# Database Discussions > MySQL >  What topics would you like to read about?

## greenman

I often get emails requesting an article on a specific topic. But I'd like to open this to more readers - what articles would you like to see me write? Looking at some of the threads, perhaps backups would be an interesting topic. Or maybe more articles on tuning MySQL (my earlier articles on this topic are from 2001 and there've been lots of changes.) What about load-balancing? Use this thread to suggest MySQL topics of interest to you.

----------


## ccalender

I would love to see more on performance tuning and maximizing the potential of mysql.

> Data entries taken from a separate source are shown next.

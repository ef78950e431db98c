-- ===== src/Rudp/Serve/Runs.antt =====
-- RHandleServ.h: what a connection sends, after any datagrams and rounds.
use cprogramming.Prelude.{
  ℕ, ◌≡◌, refl, sym, ◌∙◌, ap, subst, arith, ◌⊎◌, inl, inr, Bool, true, false, ◌&&◌, not, Option,
  none, some, List, [], ◌∷◌, if◌then◌else◌, Bool-cases,
}
use cprogramming.Rudp.Hdr.{RHdr}
use cprogramming.Rudp.Queue.{curr, rhead_peak}
use cprogramming.Rudp.Process.{Files, FilesLaws, fname_of, is_none, convert_bytes, on_last}
use cprogramming.Rudp.Process.Packets.{AllPackets, convert_back}
use cprogramming.Rudp.Process.Served.{something_sent}
use cprogramming.Rudp.Serve.{
  RMsg, free, sending, rhandle_port, send_packet, csock_send, rhandle_retransmit, last_packet,
}
use cprogramming.Rudp.Serve.Sends.{IsServing, rhandle_port-IsServing, rhandle_retransmit-IsServing}

same_value : {A : Type 0} {a b : A} → some a ≡ some b → a ≡ b
same_value e = cc

module _ (fs : Files) (laws : FilesLaws fs) where
  converted_back :
      (q : List RHdr) {h : RHdr}
      → rhead_peak q ≡ some h
      → on_last (λ _. convert_bytes fs (convert_bytes fs h false) true) q ≡ q
  unfolding rhead_peak
  converted_back [] e = cc
  converted_back (h' ∷ q) {h} e = ap (λ g. g ∷ q) (convert_back fs laws h ∙ sym same)
    where
      same : h' ≡ h
      same = cc

  -- What the thread sends: nothing, or the last packet, which is its file's.
  abbrev pub Sends : RMsg → Option RHdr → Type 0
  Sends m out =
      (out ≡ none)
      ⊎ ((h : RHdr) × (q : List RHdr) × (r : RHdr) × (f : fs.File) × (m.state.mys ≡ h ∷ q)
          × (out ≡ some (convert_bytes fs h false))
          × (m.state.request ≡ some r)
          × (fs.fopen (fname_of r.msg) ≡ some f)
          × AllPackets (laws.contents f) (h ∷ q))

  last_of :
      (q : List RHdr) → is_none (rhead_peak q) ≡ false → (h : RHdr) × (t : List RHdr) × (q ≡ h ∷ t)
  unfolding rhead_peak
  last_of [] some_last = cc
  last_of (h ∷ t) some_last = (h, t, refl)

  abbrev sent_from : RMsg → RHdr → RMsg
  sent_from m h = record m { ona = m.ona && not (last_packet h); lock = free }

  send_packet_lem :
      (m : RMsg) (h : RHdr)
      → curr m.state ≡ some h
      → send_packet fs m (curr m.state) ≡ some (sent_from m h, some (convert_bytes fs h false))
  unfolding send_packet
  send_packet_lem m h e = ap (send_packet fs m) e ∙ λ i. some (
    record (sent_from m h) { state = record (m.state) { mys = converted_back m.state.mys e i } },
    some (convert_bytes fs h false),
  )

  csock_send_on :
      (m : RMsg) (h : RHdr)
      → m.ona ≡ true
      → curr m.state ≡ some h
      → csock_send fs m ≡ some (sent_from m h, some (convert_bytes fs h false))
  unfolding csock_send
  csock_send_on m h on e =
      ap
        (λ o.
          if not o then some (record m { lock = free }, none) else send_packet fs m (curr m.state))
        on
      ∙ send_packet_lem m h e

  csock_send-Sends :
      (m : RMsg)
      → IsServing fs laws m
      → m.lock ≡ sending
      → (m' : RMsg) × (out : Option RHdr) × (csock_send fs m ≡ some (m', out))
        × IsServing fs laws m'
        × Sends m out
  unfolding csock_send rhead_peak
  csock_send-Sends m is lock = elim (Bool-cases m.ona) [
    | inr off ↦ (record m { lock = free }, none, simp off, (is.0, is.1, inl off), inl refl)
    | inl on ↦
        let packet : is_none (curr m.state) ≡ false = ground arith in
        let (h, q, e) = last_of m.state.mys packet in
        let last : curr m.state ≡ some h = ap rhead_peak e in
        let (r, f, asked, opens, all, n) =
          something_sent fs laws m.state.request m.state.ack m.state.mys last is.0 in
        (
          sent_from m h,
          some (convert_bytes fs h false),
          csock_send_on m h on last,
          (is.0, is.1, inr (inr packet)),
          inr (
            h,
            q,
            r,
            f,
            e,
            refl,
            asked,
            opens,
            subst (λ q. AllPackets (laws.contents f) q) e all,
          ),
        )
  ]

  -- One connection: it begins with a datagram, and then datagrams, rounds and threads come in any order.
  -- A datagram waits for the lock; a thread has it.
  pub data Reach : RMsg → Type 0 where
    first :
        (created : Bool) (bytes : List ℕ) (now : ℕ) {m : RMsg} {r : Bool}
        → rhandle_port fs created none bytes now ≡ some (m, r)
        → Reach m
    datagram :
        (created : Bool) (bytes : List ℕ) (now : ℕ) {m m' : RMsg} {r : Bool}
        → Reach m
        → rhandle_port fs created (some m) bytes now ≡ some (m', r)
        → Reach m'
    round :
        (created : Bool) (now : ℕ) {m : RMsg} → Reach m → Reach (rhandle_retransmit created now m)
    thread :
        {m m' : RMsg} {out : Option RHdr}
        → Reach m
        → m.lock ≡ sending
        → csock_send fs m ≡ some (m', out)
        → Reach m'

  Reach-IsServing : {m : RMsg} → Reach m → IsServing fs laws m
  Reach-IsServing (first created bytes now made) =
      rhandle_port-IsServing fs laws created none bytes now (λ m e. absurd (none_some e)) made
    where
      none_some : {m : RMsg} → none ≡ some m → ⊥
      none_some e = cc
  Reach-IsServing (datagram created bytes now {m} reach made) =
      let is = Reach-IsServing reach in
      rhandle_port-IsServing fs laws created (some m) bytes now
        (λ m' e. subst (IsServing fs laws) (same_value e) is) made
  Reach-IsServing (round created now {m} reach) =
      rhandle_retransmit-IsServing fs laws created now m (Reach-IsServing reach)
  Reach-IsServing (thread {m} {m'} reach lock made) =
      let (m'', out, e, is, sends) = csock_send-Sends m (Reach-IsServing reach) lock in
      subst (IsServing fs laws) (ap (λ p. p.0) (same_value (sym e ∙ made))) is

  -- Whatever datagrams, rounds and threads there were, a thread that has the lock never reads through
  -- NULL, and sends nothing or the last packet. Packet `k` of the connection, from 0, is numbered
  -- `k + 1`, and all packets are of the one file that the request names: packet `k` is block `k` of that
  -- file, the end if there is no such block, or the acknowledgement of the end; numbers and blocks are
  -- counted modulo 65536.
  pub csock_send_lem :
      (m : RMsg)
      → Reach m
      → m.lock ≡ sending
      → (m' : RMsg) × (out : Option RHdr) × (csock_send fs m ≡ some (m', out)) × Sends m out
  csock_send_lem m reach lock =
      let (m', out, e, is, sends) = csock_send-Sends m (Reach-IsServing reach) lock in
      (m', out, e, sends)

I would also like to see more on trobleshooting replication.  The is not a whole lot of documentation out there on troubleshooting replication, but we often have problems crop up and it would be nice to see various approaches we could try in order to have less down time.

Thank you!

----------


## marist89

I'd definitely like to see something on enterprise level backups, not just a couple scripts dumping data to disk.

----------


## ccalender

Information about MySQL Cluster would be great!!!

Especially with regards to using it and troubleshooting it.

Limitations of it (at least at this stage in its development) would be nice to know as well.

----------


## ccalender

An article on transactions, and a transaction-safe set-up would be very nice.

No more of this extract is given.